Case Study 1 — Denormalizing the Product Page, Correctly

Denormalization done right: a read-heavy product page that paid an expensive aggregation on every view was made fast — with a deliberate technique choice and an explicit consistency plan. The contrast with Case Study 2 (where the same idea drifted) is the whole lesson.

Background

An e-commerce product listing showed, for each product, its name, price, review count, and average rating. The reviews lived (correctly, per Chapter 19) in a separate reviews table. So every page render aggregated:

SELECT p.product_id, p.name, p.price,
       COUNT(r.review_id)  AS review_count,
       AVG(r.rating)       AS avg_rating
FROM products p
LEFT JOIN reviews r ON r.product_id = p.product_id
GROUP BY p.product_id, p.name, p.price;

With a large catalog and millions of reviews, this aggregation ran on every listing view — and listings were the most-visited pages on the site. It was slow and it dominated database load. The data (reviews) changed far less often than the page was read: a textbook denormalization candidate (read-heavy, expensive aggregation, slowly-changing data).

The decision process (the right order)

The team didn't denormalize first. They followed the professional sequence:

  1. Could an index fix it? An index on reviews(product_id) helped the join, but the aggregation over millions of rows on every view was still the cost. Indexing alone wasn't enough here. (For many problems it would be — always check first.)
  2. Could a materialized view fix it? Yes — a matview of per-product review stats, refreshed periodically, would make reads instant. This was viable and low-risk.
  3. Did they need real-time freshness? Review counts/ratings updating within a few minutes was perfectly acceptable for a listing page. Slight staleness was fine.

Given "slight staleness OK," they chose the lowest-risk denormalization: a materialized view (the database manages the redundant copy), with a scheduled refresh.

The implementation

CREATE MATERIALIZED VIEW product_review_stats AS
SELECT product_id,
       COUNT(*)            AS review_count,
       ROUND(AVG(rating),2) AS avg_rating
FROM reviews
GROUP BY product_id;

CREATE UNIQUE INDEX ON product_review_stats (product_id);   -- enables CONCURRENTLY refresh

The listing query now joins the small, pre-aggregated matview (one row per product) instead of aggregating millions of reviews:

SELECT p.product_id, p.name, p.price,
       COALESCE(s.review_count, 0) AS review_count,
       s.avg_rating
FROM products p
LEFT JOIN product_review_stats s ON s.product_id = p.product_id;

And — the part that distinguishes this from a disaster — they scheduled the refresh and documented the staleness:

-- Refresh every 10 minutes, without blocking reads (pg_cron)
SELECT cron.schedule('refresh_review_stats', '*/10 * * * *',
    $$REFRESH MATERIALIZED VIEW CONCURRENTLY product_review_stats$$);

They also surfaced the freshness contract to the product team ("ratings update within ~10 minutes") so no one expected real-time counts.

The outcome

Listing pages dropped from slow-and-load-heavy to instant. Crucially, because the redundant data was a managed materialized view with a scheduled refresh, it never silently drifted — the database recomputes it from the source of truth on every refresh, so it's always at most ~10 minutes stale, never wrong. Contrast this with a hand-maintained products.review_count column, which (Case Study 2) can diverge permanently if any write path forgets to update it.

The analysis

  1. Denormalize in the right order. Index → materialized view → hand-maintained redundancy. They stopped at the materialized view — the lowest-risk option that solved the problem. Don't jump to manual denormalization when a matview suffices.

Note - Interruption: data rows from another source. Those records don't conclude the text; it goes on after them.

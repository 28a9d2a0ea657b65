-- ===== src/Signals/Page.antt =====
-- The page on which `handle_signal` runs a handler.
use oscs25_labs.Base.{ℕ, ◌^◌, ◌<◌, ◌≡◌, ◌≢◌, ap, refl, inl, inr, List, [], Option, arith, sym}
use mathlib.Core.Path.{subst}
use oscs25_labs.Pages.{Pages, page_alloc, calculate_order, order_loop}
use oscs25_labs.Pages.Invariant.{IsHeap}
use oscs25_labs.Pages.Alloc.{Allocated, page_alloc-outcome}
use oscs25_labs.Signals.{Machine, signal_handler_stack_size, handle_signal}
use oscs25_labs.Threads.Defs.{num_signals}
use oscs25_labs.Signals.Frames.{
  FrameApart, Entered, pending, registered, handler_page, handle_signal-Entered,
}

-- The handler is entered on the page `t`, which was free and is taken from the page allocator.
pub record OnPage (exit trap_frame : ℕ) (order : ℕ → ℕ) (m : Machine) (r : Option Machine)
    : Type 0 where
  pub entered : Entered exit (registered m.system) trap_frame (handler_page m.system) m r
  pub order' : ℕ → ℕ
  pub lists' : ℕ → List ℕ
  pub t : ℕ
  pub allocated :
      Allocated m.system.pages order 0
        (handler_page m.system, entered.after.system.pages)
        order'
        lists'
        t

one_page : calculate_order signal_handler_stack_size ≡ 0
unfolding calculate_order order_loop
one_page = refl

-- If the heap is well-formed and page_alloc gives a page, which is apart from the trap frame, and the
-- addresses have 64 bits, a signal with a registered handler is handled: the thread returns to the
-- handler, at the end of that page, which was free and is occupied, and what it did before is saved
-- there; used blocks are kept, the signal is marked as handled, and no byte outside the page and the
-- trap frame is changed.
pub handle_signal-OnPage :
    {order : ℕ → ℕ} {lists : ℕ → List ℕ} (exit trap_frame : ℕ) (m : Machine)
    → IsHeap m.system.pages [] order lists
    → handler_page m.system ≢ 0
    → pending m.system < num_signals
    → registered m.system ≢ 0
    → registered m.system < 2 ^ 64
    → exit < 2 ^ 64
    → m.sp_el0 < 2 ^ 64
    → FrameApart (handler_page m.system) trap_frame
    → OnPage exit trap_frame order m (handle_signal exit trap_frame m)
handle_signal-OnPage {order} exit trap_frame m heap given known is_registered handler_low exit_low
      sp_low apart =
    let entered =
      handle_signal-Entered exit trap_frame m known is_registered handler_low exit_low sp_low
        apart in
    elim (page_alloc-outcome heap signal_handler_stack_size (omega arith)) [
      | inl (t, order', lists', a) ↦ record {
        entered = entered;
        order' = order';
        lists' = lists';
        t = t;
        allocated =
            subst
              (λ (p' : Pages).
                Allocated m.system.pages order 0 (handler_page m.system, p') order' lists' t)
              (sym entered.pages)
              (subst
                (λ (o : ℕ).
                  Allocated m.system.pages order o
                    (page_alloc signal_handler_stack_size m.system.pages) order' lists' t)
                one_page a);
      }
      | inr (e, full) ↦ absurd (given (ap (λ (r : ℕ × Pages). r.0) e))
    ]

  2. A materialized view is denormalization the database manages for you. It stores the redundant aggregate, but recomputes it from the truth on refresh — so it can be stale but not silently wrong. That property (vs. a hand-maintained column) is why it's often the preferred technique.

  3. Match the consistency strategy to the freshness need. Listing ratings tolerate ~10-minute staleness, so a scheduled refresh is ideal — no per-write trigger overhead, no fragile app code. A different metric (live cart total) would demand a different strategy.

  4. Document the freshness contract. Telling the product team "ratings update within ~10 minutes" turns staleness from a hidden surprise into an agreed, understood trade-off (Chapter 15's lesson).

  5. This is denormalization as a feature. Deliberate, measured, lowest-risk technique, with a consistency plan and documentation. Everything the accidental redundancy of Chapter 19 wasn't.

Discussion questions

  1. Why didn't an index alone solve the problem here, when it often does?
  2. Why is a materialized view "denormalization the database manages," and how does that make it safer than a hand-maintained column?
  3. Why was a scheduled refresh the right consistency strategy for this page?
  4. What role does documenting the freshness contract play?
  5. ⭐ For a page that did need real-time review counts, which technique would you choose instead, and what would it cost?